The Gramophone Company was internationally-minded right from the start. Within a year of being formed,
subsidiaries were established across much of Europe and just a few years later the company was operating across
Europe, Russia and the Middle East as well as in Australia, India, China and parts of Africa. By 1906, less than 10
years after starting up, over 60 per cent of the company’s revenues came from outside the UK.

The Gramophone Company wasn’t the only music company formed in London in 1897. In the same year The
Columbia Phonograph Company, EMI’s other genealogical thread, opened for business. Established by the American
Columbia Phonograph Company General, Columbia traded in cylinder records and the ‘graphophones’ that played
them. For the first few years of the music industry these cylinders outsold Berliner’s flat gramophone records before
the tide began to turn in favour of discs towards the end of the century’s first decade. Columbia too expanded rapidly
oversees, doing business across Europe and in Egypt by 1903.

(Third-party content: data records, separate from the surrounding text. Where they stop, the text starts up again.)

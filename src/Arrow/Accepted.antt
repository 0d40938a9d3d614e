-- ===== src/Arrow/Accepted.antt =====
-- What the loop of _reassemble tells of a chunk that it accepts.
use pyspark_client_wasm.Prelude.{
  ℕ, suc, ◌+◌, ◌<◌, ◌≡◌, refl, ap, ◌≢◌, ◌⊎◌, inl, inr, true, false, Option, none, some, List, [],
  ◌∷◌, ◌++◌, arith, ==_iff, Bool-cases, length, Bytes, ℤ, pos, negsuc, is_nat, ok, >>=-eq-ok,
}
use pyspark_client_wasm.Arrow.{
  or_default, check_offset, ArrowBatch, Ipc, PyArrow, check_chunk, chunk_index_of, num_chunks_of,
  is_complete, ipc_bytes, complete_batch, rows_in, first_schema,
}
use pyspark_client_wasm.Arrow.Served.{State}

is_nat-pos : (i : ℤ) (n : ℕ) → is_nat i n ≡ true → i ≡ pos n
is_nat-pos (pos m) n h = ap pos ((==_iff m n).0 h)
is_nat-pos (negsuc m) n h = absurd (cc (h))

pos-is_nat : (n : ℕ) → is_nat (pos n) n ≡ true
pos-is_nat n = (==_iff n n).1 refl

module _ {Schema Batch : Type 0} (pa : PyArrow Schema Batch) where
  -- The row counter is the number of rows of the batches read.
  abbrev pub IsCounted : State pa → Type 0
  IsCounted st = st.num_records ≡ rows_in pa st.batches

  pub rows_in-append : (xs ys : List Batch) → rows_in pa (xs ++ ys) ≡ rows_in pa xs + rows_in pa ys
  unfolding rows_in
  rows_in-append [] ys = omega arith
  rows_in-append (x ∷ xs) ys = omega (arith, rows_in-append xs ys)

  -- The chunk is the last one of its batch, or the server does not say how many there are.
  abbrev pub IsLast : State pa → ArrowBatch → Type 0
  IsLast st ab = (num_chunks_of ab ≡ pos 0) ⊎ (num_chunks_of ab ≡ pos (suc (length st.pending)))

  -- The server declares no row count (0 counts as none), or that of the batches read.
  abbrev pub IsDeclared : Option ℤ → ℕ → Type 0
  IsDeclared row_count rows =
      (row_count ≡ none) ⊎ (row_count ≡ some (pos 0)) ⊎ (row_count ≡ some (pos rows))

  -- What is true when a chunk is accepted.
  pub record Accepted (st : State pa) (ab : ArrowBatch) (st' : State pa) : Type 0 where
    pub position : chunk_index_of ab ≡ pos (length st.pending)
    pub offset :
        (0 < length st.pending)
        ⊎ (ab.start_offset ≡ none)
        ⊎ (ab.start_offset ≡ some (pos (rows_in pa st.batches)))
    pub counted : st'.num_records ≡ rows_in pa st'.batches
    pub effect :
        ((num_chunks_of ab ≢ pos 0)
          × (num_chunks_of ab ≢ pos (suc (length st.pending)))
          × (st' ≡ record st { pending = st.pending ++ ab.content ∷ [] }))
        ⊎ (IsLast st ab
            × ((ipc : Ipc Schema Batch) × (pa.open_stream
                    (ipc_bytes (st.pending ++ ab.content ∷ []))
                  ≡ ok ipc)
                × IsDeclared ab.row_count (rows_in pa ipc.batches)
                × (st'.pending ≡ [])
                × (st'.batches ≡ st.batches ++ ipc.batches)
                × (st'.schema ≡ first_schema pa st.schema ipc.schema)))

  or_default-IsDeclared :
      (row_count : Option ℤ) (rows : ℕ)
      → is_nat (or_default row_count rows) rows ≡ true
      → IsDeclared row_count rows
  or_default-IsDeclared none rows h = inl refl
  or_default-IsDeclared (some i) rows h = elim (Bool-cases (is_nat i 0)) [
    | inl zeroed ↦ inr (inl (ap some (is_nat-pos i 0 zeroed)))
    | inr other ↦ inr (inr (ap some (is_nat-pos i rows (rw other at h))))
  ]

  pub complete_batch-effect :
      (st st' : State pa) (pending : List Bytes) (row_count : Option ℤ)
      → IsCounted st
      → complete_batch pa st pending row_count ≡ ok st'
      → (ipc : Ipc Schema Batch) × (pa.open_stream (ipc_bytes pending) ≡ ok ipc)
        × IsDeclared row_count (rows_in pa ipc.batches)
        × (st'.pending ≡ [])
        × (st'.batches ≡ st.batches ++ ipc.batches)
        × (st'.schema ≡ first_schema pa st.schema ipc.schema)
        × IsCounted st'
  unfolding complete_batch
  complete_batch-effect st st' pending row_count c e =
      let (ipc, opened, e') = >>=-eq-ok (pa.open_stream (ipc_bytes pending)) _ e in
      (
        ipc,
        opened,
        or_default-IsDeclared row_count (rows_in pa ipc.batches) (ground arith),
        ground arith,
        ground arith,
        ground arith,
        ground (arith, rows_in-append st.batches ipc.batches),
      )

  pub check_chunk-position :
      (pending : List Bytes) (ab : ArrowBatch) (n : ℕ)
      → check_chunk pending ab n ≡ ok tt
      → chunk_index_of ab ≡ pos (length pending)
  unfolding check_chunk
  check_chunk-position [] ab n h = is_nat-pos (chunk_index_of ab) 0 (ground arith)
  check_chunk-position (p ∷ ps) ab n h =
      is_nat-pos (chunk_index_of ab) (suc (length ps)) (ground arith)

  check_offset_lem :
      (o : Option ℤ) (n : ℕ) → check_offset o n ≡ ok tt → (o ≡ none) ⊎ (o ≡ some (pos n))
  unfolding check_offset
  check_offset_lem none n h = inl refl
  check_offset_lem (some i) n h = inr (ap some (is_nat-pos i n (ground arith)))

  pub check_chunk-offset :
      (pending : List Bytes) (ab : ArrowBatch) (n : ℕ)
      → check_chunk pending ab n ≡ ok tt
      → (0 < length pending) ⊎ (ab.start_offset ≡ none) ⊎ (ab.start_offset ≡ some (pos n))
  unfolding check_chunk
  check_chunk-offset [] ab n h = inr (check_offset_lem ab.start_offset n (ground arith))
  check_chunk-offset (p ∷ ps) ab n h = inl (omega arith)

  pub complete_IsLast : (n : ℕ) (i : ℤ) → is_complete n i ≡ true → (i ≡ pos 0) ⊎ (i ≡ pos n)
  unfolding is_complete
  complete_IsLast n i h = elim (Bool-cases (is_nat i 0)) [
    | inl zeroed ↦ inl (is_nat-pos i 0 zeroed)
    | inr other ↦ inr (is_nat-pos i n (rw other at h))
  ]

  pub incomplete_lem : (n : ℕ) (i : ℤ) → is_complete n i ≡ false → (i ≢ pos 0) × (i ≢ pos n)
  unfolding is_complete
  incomplete_lem n i h =
      let pos_n = pos-is_nat n in
      let pos_zero = pos-is_nat 0 in
      (λ e. ground (arith, pos_zero, e, h), λ e. ground (arith, pos_n, e, h))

By 1914 The Gramophone Company was selling nearly four million records a year, but the outbreak of the First World
War that year caused serious disruption to its Columbia’s business as their factories were largely turned over to the
manufacture of munitions. By the end of the war The Gramophone Company had lost its sizeable German business
and was unable to regain control of it (it is still operating today as the classical label Deutsche Grammophon). The
company had also lost all of its operations in Russia due to the war and the Russian Revolution.